WHAT THE TASK REQUIRES
Repeat exactly the lines from the start of the material below up to and including the "pub acs_url : Bytes" line.

- Opening Delimiter -

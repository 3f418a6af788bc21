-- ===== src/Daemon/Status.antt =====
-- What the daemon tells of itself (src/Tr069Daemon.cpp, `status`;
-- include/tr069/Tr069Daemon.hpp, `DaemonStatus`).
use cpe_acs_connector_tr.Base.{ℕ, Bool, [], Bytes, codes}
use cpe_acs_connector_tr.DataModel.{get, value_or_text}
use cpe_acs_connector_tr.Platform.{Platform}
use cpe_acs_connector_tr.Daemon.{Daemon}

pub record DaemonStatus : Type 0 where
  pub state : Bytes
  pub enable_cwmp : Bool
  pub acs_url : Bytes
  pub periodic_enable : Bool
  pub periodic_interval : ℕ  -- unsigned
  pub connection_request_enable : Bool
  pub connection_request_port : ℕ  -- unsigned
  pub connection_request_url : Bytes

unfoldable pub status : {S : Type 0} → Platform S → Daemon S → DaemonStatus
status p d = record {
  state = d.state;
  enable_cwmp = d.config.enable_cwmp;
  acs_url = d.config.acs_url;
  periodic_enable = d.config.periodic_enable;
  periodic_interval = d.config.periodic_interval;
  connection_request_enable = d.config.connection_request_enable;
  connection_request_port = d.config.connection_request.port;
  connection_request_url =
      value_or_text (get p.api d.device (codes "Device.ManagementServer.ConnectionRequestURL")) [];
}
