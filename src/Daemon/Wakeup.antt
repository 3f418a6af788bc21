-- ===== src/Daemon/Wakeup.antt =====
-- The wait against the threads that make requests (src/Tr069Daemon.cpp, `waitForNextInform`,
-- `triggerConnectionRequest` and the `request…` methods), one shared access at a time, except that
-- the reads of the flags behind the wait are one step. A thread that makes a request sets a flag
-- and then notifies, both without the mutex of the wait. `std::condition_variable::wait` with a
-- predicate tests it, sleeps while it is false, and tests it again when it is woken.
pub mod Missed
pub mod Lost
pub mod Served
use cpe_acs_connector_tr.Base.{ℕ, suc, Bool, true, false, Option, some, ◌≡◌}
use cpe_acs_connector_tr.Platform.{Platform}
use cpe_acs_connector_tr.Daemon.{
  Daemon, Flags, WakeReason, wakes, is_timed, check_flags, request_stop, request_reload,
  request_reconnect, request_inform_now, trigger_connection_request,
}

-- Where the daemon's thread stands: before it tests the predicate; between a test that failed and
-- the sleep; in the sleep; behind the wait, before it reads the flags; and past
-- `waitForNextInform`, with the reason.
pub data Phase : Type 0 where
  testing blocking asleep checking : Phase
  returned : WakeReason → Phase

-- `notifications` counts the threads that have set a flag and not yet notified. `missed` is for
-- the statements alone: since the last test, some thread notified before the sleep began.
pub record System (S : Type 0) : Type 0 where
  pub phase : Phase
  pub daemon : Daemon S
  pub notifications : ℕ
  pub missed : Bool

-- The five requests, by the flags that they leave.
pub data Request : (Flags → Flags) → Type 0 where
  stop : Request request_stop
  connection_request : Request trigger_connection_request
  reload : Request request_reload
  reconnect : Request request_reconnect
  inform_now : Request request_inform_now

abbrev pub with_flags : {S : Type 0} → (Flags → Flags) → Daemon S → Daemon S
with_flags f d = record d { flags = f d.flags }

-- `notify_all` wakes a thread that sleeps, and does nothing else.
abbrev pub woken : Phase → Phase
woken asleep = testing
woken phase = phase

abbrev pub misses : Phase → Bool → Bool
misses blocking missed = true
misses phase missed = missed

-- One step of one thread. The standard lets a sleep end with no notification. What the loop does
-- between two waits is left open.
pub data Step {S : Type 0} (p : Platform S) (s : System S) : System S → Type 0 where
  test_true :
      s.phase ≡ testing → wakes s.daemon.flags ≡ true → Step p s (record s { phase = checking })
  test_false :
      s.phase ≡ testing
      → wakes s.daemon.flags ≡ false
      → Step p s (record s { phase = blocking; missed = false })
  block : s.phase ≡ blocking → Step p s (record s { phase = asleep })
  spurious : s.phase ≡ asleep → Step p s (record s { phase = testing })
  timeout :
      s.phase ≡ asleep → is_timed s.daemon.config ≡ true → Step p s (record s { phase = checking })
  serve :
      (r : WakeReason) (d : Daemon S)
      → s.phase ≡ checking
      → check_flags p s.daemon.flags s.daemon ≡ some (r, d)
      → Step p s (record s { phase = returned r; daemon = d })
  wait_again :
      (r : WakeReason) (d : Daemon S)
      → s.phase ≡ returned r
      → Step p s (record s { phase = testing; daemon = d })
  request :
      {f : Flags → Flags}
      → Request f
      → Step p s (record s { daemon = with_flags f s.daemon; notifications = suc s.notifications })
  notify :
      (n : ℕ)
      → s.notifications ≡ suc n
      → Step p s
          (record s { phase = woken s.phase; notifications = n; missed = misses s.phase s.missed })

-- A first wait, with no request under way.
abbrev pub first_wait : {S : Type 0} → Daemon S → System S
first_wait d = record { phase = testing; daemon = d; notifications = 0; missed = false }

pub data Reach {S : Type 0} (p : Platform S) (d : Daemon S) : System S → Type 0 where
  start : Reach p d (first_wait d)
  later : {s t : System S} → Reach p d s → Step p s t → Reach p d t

- Closing Delimiter -

SOLUTION FOR THIS PROBLEM
repository 3f418a6af788bc21
-- ===== src/Daemon/Status.antt =====
-- What the daemon tells of itself (src/Tr069Daemon.cpp, `status`;
-- include/tr069/Tr069Daemon.hpp, `DaemonStatus`).
use cpe_acs_connector_tr.Base.{ℕ, Bool, [], Bytes, codes}
use cpe_acs_connector_tr.DataModel.{get, value_or_text}
use cpe_acs_connector_tr.Platform.{Platform}
use cpe_acs_connector_tr.Daemon.{Daemon}

pub record DaemonStatus : Type 0 where
  pub state : Bytes
  pub enable_cwmp : Bool
  pub acs_url : Bytes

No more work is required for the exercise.